7 Anders als der Kläger meint, liegt auch keine unzulässige Überraschungsentscheidung vor. Dies wäre nur dann der Fall, wenn das Gericht einen bis dahin nicht erörterten rechtlichen oder tatsächlichen Gesichtspunkt zur Grundlage seiner Entscheidung gemacht und damit dem Rechtsstreit eine Wendung gegeben hätte, mit der die Beteiligten nach dem bisherigen Verlauf des Verfahrens auch unter Berücksichtigung der Vielfalt vertretbarer Rechtsauffassungen nicht zu rechnen brauchten (vgl. BVerwG, Beschluss vom 19. Juli 2010 - 6 B 20.10 - NVwZ 2011, 372 Rn. 4 m. w. N.). So liegt es hier indes nicht.

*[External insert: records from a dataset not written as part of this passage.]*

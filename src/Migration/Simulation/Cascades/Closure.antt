-- ===== src/Migration/Simulation/Cascades/Closure.antt =====
-- The tables that ON DELETE CASCADE reaches (alembic/versions), each after the table that it refers to.
use balotly_backend.Base.{
  ℕ, zero, suc, Bool, true, ◌||◌, ◌≡◌, refl, ◌∙◌, String, List, map, arith, string_eq,
}
use balotly_backend.Schema.Rows.{Contest, Category, Candidate, VotePackage, Subaccount}
use balotly_backend.Schema.Table.{is_doomed}
use balotly_backend.Schema.Database.{
  Database, organization_key, contest_key, category_key, candidate_key,
}
use balotly_backend.Schema.Statements.{cascade}
use balotly_backend.Migration.Conditions.{Row, key}
use balotly_backend.Migration.Cells.{
  organization_cells, contest_cells, category_cells, candidate_cells, vote_package_cells,
  subaccount_cells, tables_of,
}
use balotly_backend.Migration.Execution.{refers, rows_where}
use balotly_backend.Migration.Refinement.Targets.{
  organization_id, contest_id, category_id, candidate_id,
}
use balotly_backend.Migration.Simulation.Referrers.{
  refers_sound, refers_complete, contest_keys, category_keys, candidate_keys, vote_package_keys,
  subaccount_keys,
}
use balotly_backend.Migration.Simulation.Cascades.{
  chosen, closed, named_chosen, chosen_step, organization_chosen,
}

module _ (db : Database) (t : String) (p : Row → Bool) where
  -- A child table, whose rows refer to those of a parent by a cascading foreign key.
  module _ {P R : Type 0} (parent child : String) (cells_of_parent : P → Row) (key_of : P → ℕ)
      (keyed : (s : P) → cells_of_parent s "id" ≡ key (key_of s)) (rows : List P)
      (goes_of_parent : P → Bool) (cells : R → Row) (target : R → ℕ) (goes : R → Bool)
      (step : (n : ℕ) (r : R)
        → chosen db t p (suc n) child (cells r) ≡ (
            chosen db t p n child (cells r)
            || refers (chosen db t p n parent) (map cells_of_parent rows) (key (target r))))
      (closing : (r : R)
        → goes r ≡ (
            rows_where t p child (cells r)
            || is_doomed key_of goes_of_parent rows (target r))) where
    chosen_sound :
        ((n : ℕ) (s : P)
          → chosen db t p n parent (cells_of_parent s) ≡ true
          → goes_of_parent s ≡ true)
        → (n : ℕ) (r : R) → chosen db t p n child (cells r) ≡ true
        → goes r ≡ true
    chosen_sound above zero r h = ground (arith, h, closing r)
    chosen_sound above (suc n) r h = ground (
      arith,
      step n r,
      closing r,
      chosen_sound above n r,
      refers_sound cells_of_parent key_of keyed (chosen db t p n parent) goes_of_parent rows
          (target r) (above n),
    )

    chosen_complete :
        (n : ℕ)
        → ((s : P) → goes_of_parent s ≡ true → chosen db t p n parent (cells_of_parent s) ≡ true)
        → (r : R) → goes r ≡ true
        → chosen db t p (suc n) child (cells r) ≡ true
    chosen_complete n above r h = ground (
      arith,
      step n r,
      closing r,
      named_chosen db t p n child (cells r),
      refers_complete cells_of_parent key_of keyed (chosen db t p n parent) goes_of_parent rows
          (target r) above,
    )

  contest_step :
      (n : ℕ) (r : Contest)
      → chosen db t p (suc n) "contests" (contest_cells r) ≡ (
          chosen db t p n "contests" (contest_cells r)
          || refers
              (chosen db t p n "organizations")
              (map organization_cells db.organizations)
              (key r.organization_id))
  unfolding tables_of contest_cells string_eq
  contest_step n r = chosen_step db t p "contests" contest_keys n (contest_cells r) ∙ ground arith

  contest_sound :
      (n : ℕ) (r : Contest)
      → chosen db t p n "contests" (contest_cells r) ≡ true
      → (closed db t p).contests r ≡ true
  unfolding cascade
  contest_sound =
      chosen_sound "organizations" "contests" organization_cells organization_key organization_id
        db.organizations (closed db t p).organizations contest_cells (λ r. r.organization_id)
        (closed db t p).contests contest_step (λ r. refl)
        (λ n s h. ground (arith, h, organization_chosen db t p n s))

  contest_complete :
      (n : ℕ) (r : Contest)
      → (closed db t p).contests r ≡ true
      → chosen db t p (suc n) "contests" (contest_cells r) ≡ true
  unfolding cascade
  contest_complete n =
      chosen_complete "organizations" "contests" organization_cells organization_key organization_id
        db.organizations (closed db t p).organizations contest_cells (λ r. r.organization_id)
        (closed db t p).contests contest_step (λ r. refl) n
        (λ s h. ground (arith, h, organization_chosen db t p n s))

  pub contest_chosen :
      (n : ℕ) (r : Contest)
      → chosen db t p (suc n) "contests" (contest_cells r) ≡ (closed db t p).contests r
  contest_chosen n r = ground (arith, contest_sound (suc n) r, contest_complete n r)

  category_step :
      (n : ℕ) (r : Category)
      → chosen db t p (suc n) "categories" (category_cells r) ≡ (
          chosen db t p n "categories" (category_cells r)
          || refers (chosen db t p n "contests") (map contest_cells db.contests) (key r.contest_id))
  unfolding tables_of category_cells string_eq
  category_step n r =
      chosen_step db t p "categories" category_keys n (category_cells r) ∙ ground arith

  category_sound :
      (n : ℕ) (r : Category)
      → chosen db t p n "categories" (category_cells r) ≡ true
      → (closed db t p).categories r ≡ true
  unfolding cascade
  category_sound =
      chosen_sound "contests" "categories" contest_cells contest_key contest_id db.contests
        (closed db t p).contests category_cells (λ r. r.contest_id) (closed db t p).categories
        category_step (λ r. refl) contest_sound

  category_complete :
      (n : ℕ) (r : Category)
      → (closed db t p).categories r ≡ true
      → chosen db t p (suc (suc n)) "categories" (category_cells r) ≡ true
  unfolding cascade
  category_complete n =
      chosen_complete "contests" "categories" contest_cells contest_key contest_id db.contests
        (closed db t p).contests category_cells (λ r. r.contest_id) (closed db t p).categories
        category_step (λ r. refl) (suc n) (contest_complete n)

  pub category_chosen :
      (n : ℕ) (r : Category)
      → chosen db t p (suc (suc n)) "categories" (category_cells r) ≡ (closed db t p).categories r
  category_chosen n r = ground (arith, category_sound (suc (suc n)) r, category_complete n r)

  candidate_step :
      (n : ℕ) (r : Candidate)
      → chosen db t p (suc n) "candidates" (candidate_cells r) ≡ (
          chosen db t p n "candidates" (candidate_cells r)
          || refers
              (chosen db t p n "categories")
              (map category_cells db.categories)
              (key r.category_id))
  unfolding tables_of candidate_cells string_eq
  candidate_step n r =
      chosen_step db t p "candidates" candidate_keys n (candidate_cells r) ∙ ground arith

  candidate_sound :
      (n : ℕ) (r : Candidate)
      → chosen db t p n "candidates" (candidate_cells r) ≡ true
      → (closed db t p).candidates r ≡ true
  unfolding cascade
  candidate_sound =
      chosen_sound "categories" "candidates" category_cells category_key category_id db.categories
        (closed db t p).categories candidate_cells (λ r. r.category_id) (closed db t p).candidates
        candidate_step (λ r. refl) category_sound

  candidate_complete :
      (n : ℕ) (r : Candidate)
      → (closed db t p).candidates r ≡ true
      → chosen db t p (suc (suc (suc n))) "candidates" (candidate_cells r) ≡ true
  unfolding cascade
  candidate_complete n =
      chosen_complete "categories" "candidates" category_cells category_key category_id
        db.categories (closed db t p).categories candidate_cells (λ r. r.category_id)
        (closed db t p).candidates candidate_step (λ r. refl) (suc (suc n)) (category_complete n)

  pub candidate_chosen :
      (n : ℕ) (r : Candidate)
      → chosen db t p (suc (suc (suc n))) "candidates" (candidate_cells r)
        ≡ (closed db t p).candidates r
  candidate_chosen n r =
      ground (arith, candidate_sound (suc (suc (suc n))) r, candidate_complete n r)

  vote_package_step :
      (n : ℕ) (r : VotePackage)
      → chosen db t p (suc n) "vote_packages" (vote_package_cells r) ≡ (
          chosen db t p n "vote_packages" (vote_package_cells r)
          || refers (chosen db t p n "contests") (map contest_cells db.contests) (key r.contest_id))
  unfolding tables_of vote_package_cells string_eq
  vote_package_step n r =
      chosen_step db t p "vote_packages" vote_package_keys n (vote_package_cells r) ∙ ground arith

  vote_package_sound :
      (n : ℕ) (r : VotePackage)
      → chosen db t p n "vote_packages" (vote_package_cells r) ≡ true
      → (closed db t p).vote_packages r ≡ true
  unfolding cascade
  vote_package_sound =
      chosen_sound "contests" "vote_packages" contest_cells contest_key contest_id db.contests
        (closed db t p).contests vote_package_cells (λ r. r.contest_id)
        (closed db t p).vote_packages vote_package_step (λ r. refl) contest_sound

  vote_package_complete :
      (n : ℕ) (r : VotePackage)
      → (closed db t p).vote_packages r ≡ true
      → chosen db t p (suc (suc n)) "vote_packages" (vote_package_cells r) ≡ true
  unfolding cascade
  vote_package_complete n =
      chosen_complete "contests" "vote_packages" contest_cells contest_key contest_id db.contests
        (closed db t p).contests vote_package_cells (λ r. r.contest_id)
        (closed db t p).vote_packages vote_package_step (λ r. refl) (suc n) (contest_complete n)

  pub vote_package_chosen :
      (n : ℕ) (r : VotePackage)
      → chosen db t p (suc (suc n)) "vote_packages" (vote_package_cells r)
        ≡ (closed db t p).vote_packages r
  vote_package_chosen n r =
      ground (arith, vote_package_sound (suc (suc n)) r, vote_package_complete n r)

  subaccount_step :
      (n : ℕ) (r : Subaccount)
      → chosen db t p (suc n) "subaccounts" (subaccount_cells r) ≡ (
          chosen db t p n "subaccounts" (subaccount_cells r)
          || refers
              (chosen db t p n "candidates")
              (map candidate_cells db.candidates)
              (key r.candidate_id))
  unfolding tables_of subaccount_cells string_eq
  subaccount_step n r =
      chosen_step db t p "subaccounts" subaccount_keys n (subaccount_cells r) ∙ ground arith

  subaccount_sound :
      (n : ℕ) (r : Subaccount)
      → chosen db t p n "subaccounts" (subaccount_cells r) ≡ true
      → (closed db t p).subaccounts r ≡ true
  unfolding cascade
  subaccount_sound =
      chosen_sound "candidates" "subaccounts" candidate_cells candidate_key candidate_id
        db.candidates (closed db t p).candidates subaccount_cells (λ r. r.candidate_id)
        (closed db t p).subaccounts subaccount_step (λ r. refl) candidate_sound

  subaccount_complete :
      (n : ℕ) (r : Subaccount)
      → (closed db t p).subaccounts r ≡ true
      → chosen db t p (suc (suc (suc (suc n)))) "subaccounts" (subaccount_cells r) ≡ true
  unfolding cascade
  subaccount_complete n =
      chosen_complete "candidates" "subaccounts" candidate_cells candidate_key candidate_id
        db.candidates (closed db t p).candidates subaccount_cells (λ r. r.candidate_id)
        (closed db t p).subaccounts subaccount_step (λ r. refl) (suc (suc (suc n)))
        (candidate_complete n)

  pub subaccount_chosen :
      (n : ℕ) (r : Subaccount)
      → chosen db t p (suc (suc (suc (suc n)))) "subaccounts" (subaccount_cells r)
        ≡ (closed db t p).subaccounts r
  subaccount_chosen n r =
      ground (arith, subaccount_sound (suc (suc (suc (suc n)))) r, subaccount_complete n r)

8 Der Senat hat gefordert, dass eine öffentlich-rechtliche Rundfunkanstalt den beiden betroffenen Grundrechtspositionen in ihrem redaktionellen Gesamtkonzept ausgewogen Rechnung tragen muss (Rn. 22, 25). Hieran hat er das konkrete Sendungskonzept des Beklagten gemessen und nicht beanstandet (Rn. 31 ff.). Dabei hat der Senat in dem vom Berufungsgericht hervorgehobenen Umstand (BU S. 11), dass im konkreten Fall lediglich eine weitere Landesliste betroffen war und nur marginale Änderungen in der Präsentation nötig gewesen wären, keine Verringerung des Gewichts des Eingriffs in den redaktionellen Spielraum des Beklagten gesehen (Rn. 39). Dass den Kläger offenbar weder der rechtliche Maßstab noch die Überprüfung des konkreten Konzepts durch den Senat zu überzeugen vermag, begründet keine Überraschungsentscheidung.
9 Auch hat der Senat keine eigene Tatsachenfeststellung getroffen und darauf in überraschender Weise sein Urteil gestützt. Die Art und Weise der Berichterstattung am 1. September 2019 und das zugrundeliegende Konzept des Beklagten hat er den bindenden Tatsachenfeststellungen des Berufungsgerichts entnommen (Rn. 27). Für die Frage, worin der Schwerpunkt des Interesses an einer Nachwahlberichterstattung liegt, hat der Senat an die normative Einschätzung des Bundesverfassungsgerichts angeknüpft (Rn. 29 a. E.) und nachgezeichnet, an welchem rechtlichen Rahmen sich das Konzept ausrichten konnte (Rn. 32 f.). Demgegenüber verhält sich das Revisionsurteil mangels Entscheidungserheblichkeit nicht zu der - einer Tatsachenfeststellung möglicherweise zugänglichen - Frage, welches tatsächliche Interesse die Zuschauer an einer Berichterstattung über die konkreten Wahlergebnisse des Klägers hatten.
10 Unverständlich ist schließlich die unter Ziffer 6 erhobene Rüge des Klägers. Der Senat hat nicht angenommen, dass das Berufungsurteil einen "Ausgleich" der fehlenden parlamentarischen Sichtbarkeit des Klägers durch den Beklagten gefordert habe. Vielmehr entspricht es der Überzeugung des Senats, dass die Nachwahlberichterstattung nicht die Aufgabe hat, die - dem Wählerwillen geschuldete - fehlende Sichtbarkeit einer im Parlament nicht vertretenen Partei zu kompensieren.
11 Die Kostenentscheidung beruht auf § 154 Abs. 2 VwGO.